I heard him speak at the Jamestown Public Forum and put forth his half truths. I have pointed out downright lies on this forum, that he has not even tried to rebut. The fact is Dan why should I believe Mr. Monson is the kind of guy you state when that is not what I have witnessed personally from him in trying to further his agenda.

And one last thing, I believe that if this measure would have passed, this site would have been overtaken with celebrating, goading, and taunting by Mr. Monson and his jackals and hyenas.

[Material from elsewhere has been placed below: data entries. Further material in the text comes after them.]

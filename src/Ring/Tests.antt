-- ===== src/Ring/Tests.antt =====
-- The ring's theorems at a ring of 64 bytes whose positions are near its end, so that frames wrap.
use omni_binder.Prelude.{
  ℕ, ◌+◌, ◌%◌, ◌≡◌, refl, ◌≢◌, ◌≤◌, true, false, ◌&&◌, ◌||◌, List, [], ◌∷◌, ◌++◌, arith, ◌==◌, ltb,
  if◌then◌else◌, bytes32, some,
}
use omni_binder.Memory.{zeros}
use omni_binder.Ring.{
  Ring, send_frame, recv_frame, inspect_frame, check_length, length_prefix, available_read, unread,
  advance_pos, frame, nothing, failed,
}
use omni_binder.Ring.Bytes.{IsValid, used, contents}
use omni_binder.Ring.Send.{contents-send_frame}
use omni_binder.Ring.Receive.{recv_frame-IsValid, recv_frame-unchanged}
use omni_binder.Ring.Queue.{send, recv, sent, received, push, pop, run_queue, run_ring}
use omni_binder.Ring.Fifo.{Holds, send_refines, recv_refines, run_refines}
use omni_binder.Ring.Layout.{
  Mapping, is_valid_ring_capacity, calculate_shm_size, normalize_ring_capacity, align_up,
  validate_mapped_layout, init_layout, validate_mapped_layout-init_layout, layout_regions,
  control_size, request_ring_offset, ring_header_size, request_data_offset, response_ring_offset,
  ring_header_align, response_data_offset,
}

abbrev near_end : Ring
near_end = record { write_pos = 60; read_pos = 60; capacity = 64; bytes = zeros 64 }

near_end-IsValid : IsValid near_end 64
near_end-IsValid = record {
  large = omega arith;
  word = omega arith;
  trusted = refl;
  area = refl;
  write_in = omega arith;
  read_in = omega arith;
}

near_end-Holds : Holds near_end 64 []
unfolding used
near_end-Holds = record { valid = near_end-IsValid; frames = refl; sendable = tt }

run_refines_example :
    run_ring 64 true near_end
      (send (1 ∷ 2 ∷ 3 ∷ []) ∷ send (4 ∷ []) ∷ recv 2 ∷ recv 8 ∷ recv 8 ∷ recv 8 ∷ [])
    ≡ sent 7 true
      ∷ sent 5 false
      ∷ received failed
      ∷ received (frame (1 ∷ 2 ∷ 3 ∷ []))
      ∷ received (frame (4 ∷ []))
      ∷ received nothing
      ∷ []
unfolding run_queue push pop
run_refines_example =
    run_refines (send (1 ∷ 2 ∷ 3 ∷ []) ∷ send (4 ∷ []) ∷ recv 2 ∷ recv 8 ∷ recv 8 ∷ recv 8 ∷ [])
      near_end [] true near_end-Holds ((omega arith, omega arith), ((omega arith, omega arith), tt))

send_refines_example :
    let s = send_frame near_end 64 (1 ∷ 2 ∷ 3 ∷ []) true 60 in
    let (a, q') = push 64 true [] (1 ∷ 2 ∷ 3 ∷ []) in
    (sent s.written s.notified ≡ a) × Holds s.ring 64 q'
send_refines_example =
    send_refines near_end [] true (1 ∷ 2 ∷ 3 ∷ []) near_end-Holds (omega arith, omega arith)

one_frame-Holds :
    Holds (send_frame near_end 64 (1 ∷ 2 ∷ 3 ∷ []) true 60).ring 64 ((1 ∷ 2 ∷ 3 ∷ []) ∷ [])
unfolding push
one_frame-Holds =
    (send_refines near_end [] true (1 ∷ 2 ∷ 3 ∷ []) near_end-Holds (omega arith, omega arith)).1

recv_refines_example :
    let s = send_frame near_end 64 (1 ∷ 2 ∷ 3 ∷ []) true 60 in
    let (a, r') = recv_frame s.ring 64 8 in
    let (b, q') = pop ((1 ∷ 2 ∷ 3 ∷ []) ∷ []) 8 in (received a ≡ b) × Holds r' 64 q'
recv_refines_example =
    recv_refines (send_frame near_end 64 (1 ∷ 2 ∷ 3 ∷ []) true 60).ring ((1 ∷ 2 ∷ 3 ∷ []) ∷ []) 8
      one_frame-Holds

recv_frame-IsValid_example : IsValid (recv_frame near_end 64 8).1 64
recv_frame-IsValid_example = recv_frame-IsValid near_end 8 near_end-IsValid

-- Four bytes that are no length of a frame: the length is 0.
abbrev garbled : Ring
garbled = record { write_pos = 4; read_pos = 60; capacity = 64; bytes = zeros 64 }

garbled-IsValid : IsValid garbled 64
garbled-IsValid = record {
  large = omega arith;
  word = omega arith;
  trusted = refl;
  area = refl;
  write_in = omega arith;
  read_in = omega arith;
}

garbled-failed : (recv_frame garbled 64 8).0 ≡ failed
unfolding recv_frame inspect_frame check_length length_prefix available_read unread advance_pos
garbled-failed = refl

garbled-nothing : (f : List ℕ) → (recv_frame garbled 64 8).0 ≢ frame f
garbled-nothing f h = absurd (cc garbled-failed)

recv_frame-unchanged_example : (recv_frame garbled 64 8).1 ≡ garbled
recv_frame-unchanged_example = recv_frame-unchanged garbled 8 garbled-IsValid garbled-nothing

contents-send_frame_example :
    let s = send_frame near_end 64 (1 ∷ 2 ∷ 3 ∷ []) true 60 in
    let room = ltb (used near_end 64 + 7) 64 in
    IsValid s.ring 64
    × (contents s.ring 64 ≡ (
        if room
        then contents near_end 64 ++ (bytes32 3 ++ (1 ∷ 2 ∷ 3 ∷ []))
        else contents near_end 64))
    × (s.ring.read_pos ≡ near_end.read_pos)
    × (s.written ≡ (if room then 7 else 0))
    × (s.notified ≡ room && true && (used near_end 64 == 0 || 60 == near_end.write_pos))
contents-send_frame_example =
    contents-send_frame near_end (1 ∷ 2 ∷ 3 ∷ []) true 60 near_end-IsValid (omega arith)

abbrev new_mapping : Mapping
new_mapping = record {
  size = 8304;
  magic = 0;
  version = 0;
  req_ring_capacity = 0;
  resp_ring_capacity = 0;
  ready_flag = 0;
  header_at = λ _. record { write_pos = 0; read_pos = 0; capacity = 0 };
}

validate_mapped_layout-init_layout_example :
    validate_mapped_layout (init_layout new_mapping 4096 4096) ≡ some (4096, 4096)
unfolding is_valid_ring_capacity normalize_ring_capacity calculate_shm_size response_data_offset
    response_ring_offset request_data_offset request_ring_offset align_up
validate_mapped_layout-init_layout_example =
    validate_mapped_layout-init_layout new_mapping 4096 4096 refl refl (omega arith)

layout_regions_example :
    (control_size ≤ request_ring_offset)
    × (request_data_offset ≡ request_ring_offset + ring_header_size)
    × (request_data_offset + 65 ≤ response_ring_offset 65)
    × (request_ring_offset % ring_header_align ≡ 0)
    × (response_ring_offset 65 % ring_header_align ≡ 0)
    × (response_data_offset 65 ≡ response_ring_offset 65 + ring_header_size)
    × (calculate_shm_size 65 64 ≡ response_data_offset 65 + 64)
unfolding is_valid_ring_capacity
layout_regions_example = layout_regions 65 64 refl refl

So Dan, I wouldn't accept assistance from Mr. Monson if he offered it to me. Thanks but no thanks.


----------



## barebackjack (Sep 5, 2006)

LT said:


> Dick,
> 
> It is a lot easier to fool the people. You had the backing of the Humane Society and yet you still managed to fail. Now it sounds like you will be making a run again. I imagine next time it will be with more money from the Humane Society.
> 
> ...


Ive seen both Roger and Dick in action, in person. I have the same feeling as above. Perhaps he only assists those that agree with him.



> And one last thing, I believe that if this measure would have passed, this site would have been overtaken with celebrating, goading, and taunting by Mr. Monson and his jackals and hyenas.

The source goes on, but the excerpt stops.